Records from a dataset
=== Begin Enclosure ===
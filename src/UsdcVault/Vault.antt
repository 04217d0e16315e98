-- ===== src/UsdcVault/Vault.antt =====
-- The storage and the operations of contracts/usdc-vault/src/lib.rs.
use suban.Base.{ℕ, Bool, false, not, Option, none, some, is_some, unwrap_or, ◌==◌, if◌then◌else◌}
use suban.Int.{ℤ, pos, leb_ℤ, ltb_ℤ, ◌-ℤ◌}
use suban.Dict.{Dict, lookup, insert, nat_eq}
use suban.Host.{
  Env, Call, ◌>>=◌, ◌>>◌, gets, unwrap, ok_or, fail_if, panic_if, require_auth, add_i128, sub_i128,
}
use suban.Tokens.{Tokens, Chain, token_transfer, reads, writes}

pub data VaultError : Type 0 where
  not_admin paused insufficient_balance insufficient_vault_balance : VaultError
  below_reserve_minimum invalid_amount usdc_token_not_set already_initialized : VaultError

-- The instance storage, a field for each `DataKey`.
pub record Store : Type 0 where
  pub admin : Option ℕ
  pub paused_flag : Option Bool
  pub usdc_token : Option ℕ
  pub total_deposited : Option ℤ
  pub total_released : Option ℤ
  pub deposits : Dict ℕ ℤ
  pub reserve_balance : Option ℤ

abbrev pub Action : Type 0 → Type 0 → Type 0
Action W A = Call (Chain Store W) VaultError A

unfoldable pub is_paused : Store → Bool
is_paused s = unwrap_or s.paused_flag false

unfoldable pub read_total_deposited : Store → ℤ
read_total_deposited s = unwrap_or s.total_deposited (pos 0)

unfoldable pub read_total_released : Store → ℤ
read_total_released s = unwrap_or s.total_released (pos 0)

unfoldable pub read_user_deposit : Store → ℕ → ℤ
read_user_deposit s user = unwrap_or (lookup user s.deposits) (pos 0)

unfoldable pub read_reserve_balance : Store → ℤ
read_reserve_balance s = unwrap_or s.reserve_balance (pos 0)

module _ {W : Type 0} where
  unfoldable pub initialize : Env → (admin usdc_token : ℕ) → Action W (Unit {0})
  initialize env admin usdc_token = do
    initialized ← reads (λ s. is_some s.admin)
    panic_if initialized
    require_auth env admin
    writes (λ s. record s {
      admin = some admin;
      usdc_token = some usdc_token;
      paused_flag = some false;
      total_deposited = some (pos 0);
      total_released = some (pos 0);
      reserve_balance = some (pos 0);
    })

  -- `admin != current_admin`, then `require_auth`
  unfoldable pub admin_only : Env → ℕ → Action W (Unit {0})
  admin_only env admin = do
    current_admin ← unwrap (← reads (λ s. s.admin))
    fail_if (not (admin == current_admin)) not_admin
    require_auth env admin

  unfoldable pub set_reserve_minimum :
      Env → (admin : ℕ) → (reserve_minimum : ℤ) → Action W (Unit {0})
  unfolding admin_only
  set_reserve_minimum env admin reserve_minimum = do
    admin_only env admin
    writes (λ s. record s { reserve_balance = some reserve_minimum })

  unfoldable pub set_paused : Env → (admin : ℕ) → Bool → Action W (Unit {0})
  unfolding admin_only
  set_paused env admin value = do
    admin_only env admin
    writes (λ s. record s { paused_flag = some value })

  unfoldable pub set_admin : Env → (admin new_admin : ℕ) → Action W (Unit {0})
  unfolding admin_only
  set_admin env admin new_admin = do
    admin_only env admin
    writes (λ s. record s { admin = some new_admin })

module _ {W : Type 0} (t : Tokens W) where
  unfoldable pub deposit : Env → (depositor : ℕ) → ℤ → Action W (Unit {0})
  unfolding is_paused read_total_deposited read_user_deposit
  deposit env depositor amount = do
    stopped ← reads is_paused
    fail_if stopped paused
    fail_if (leb_ℤ amount (pos 0)) invalid_amount
    require_auth env depositor
    found ← reads (λ s. s.usdc_token)
    usdc ← ok_or found usdc_token_not_set
    token_transfer t usdc depositor env.current_contract_address amount
    current_total ← reads read_total_deposited
    new_total ← add_i128 current_total amount
    writes (λ s. record s { total_deposited = some new_total })
    user_total ← reads (λ s. read_user_deposit s depositor)
    new_user ← add_i128 user_total amount
    writes (λ s. record s { deposits = insert depositor new_user s.deposits })

  -- The payment of `release` and `admin_withdraw`: the vault must have the amount, and keep the
  -- reserve minimum.
  unfoldable pub pay_reserved : Env → (to : ℕ) → ℤ → Action W (Unit {0})
  unfolding read_reserve_balance
  pay_reserved env to amount = do
    found ← reads (λ s. s.usdc_token)
    usdc ← ok_or found usdc_token_not_set
    vault_balance ← gets (λ c. t.balance usdc env.current_contract_address c.tokens)
    fail_if (ltb_ℤ vault_balance amount) insufficient_vault_balance
    reserve_min ← reads read_reserve_balance
    left ← sub_i128 vault_balance amount
    fail_if (ltb_ℤ left reserve_min) below_reserve_minimum
    token_transfer t usdc env.current_contract_address to amount

  unfoldable pub release : Env → (admin recipient : ℕ) → ℤ → Action W (Unit {0})
  unfolding admin_only is_paused read_total_released
  release env admin recipient amount = do
    admin_only env admin
    stopped ← reads is_paused
    fail_if stopped paused
    fail_if (leb_ℤ amount (pos 0)) invalid_amount
    pay_reserved env recipient amount
    current_released ← reads read_total_released
    new_released ← add_i128 current_released amount
    writes (λ s. record s { total_released = some new_released })

  unfoldable pub admin_withdraw : Env → (admin destination : ℕ) → ℤ → Action W (Unit {0})
  unfolding admin_only
  admin_withdraw env admin destination amount = do
    admin_only env admin
    fail_if (leb_ℤ amount (pos 0)) invalid_amount
    pay_reserved env destination amount

  unfoldable pub vault_balance : Env → Chain Store W → ℤ
  vault_balance env c = elim c.store.usdc_token [
    | none ↦ pos 0
    | some usdc ↦ t.balance usdc env.current_contract_address c.tokens
  ]

  unfoldable pub available_balance : Env → Chain Store W → ℤ
  available_balance env c =
      let balance = vault_balance env c in
      let reserve = read_reserve_balance c.store in
      if ltb_ℤ balance reserve then pos 0 else balance -ℤ reserve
=== End Enclosure ===
Considering the records above, count the lines where the string "else" occurs and return that number alone.

2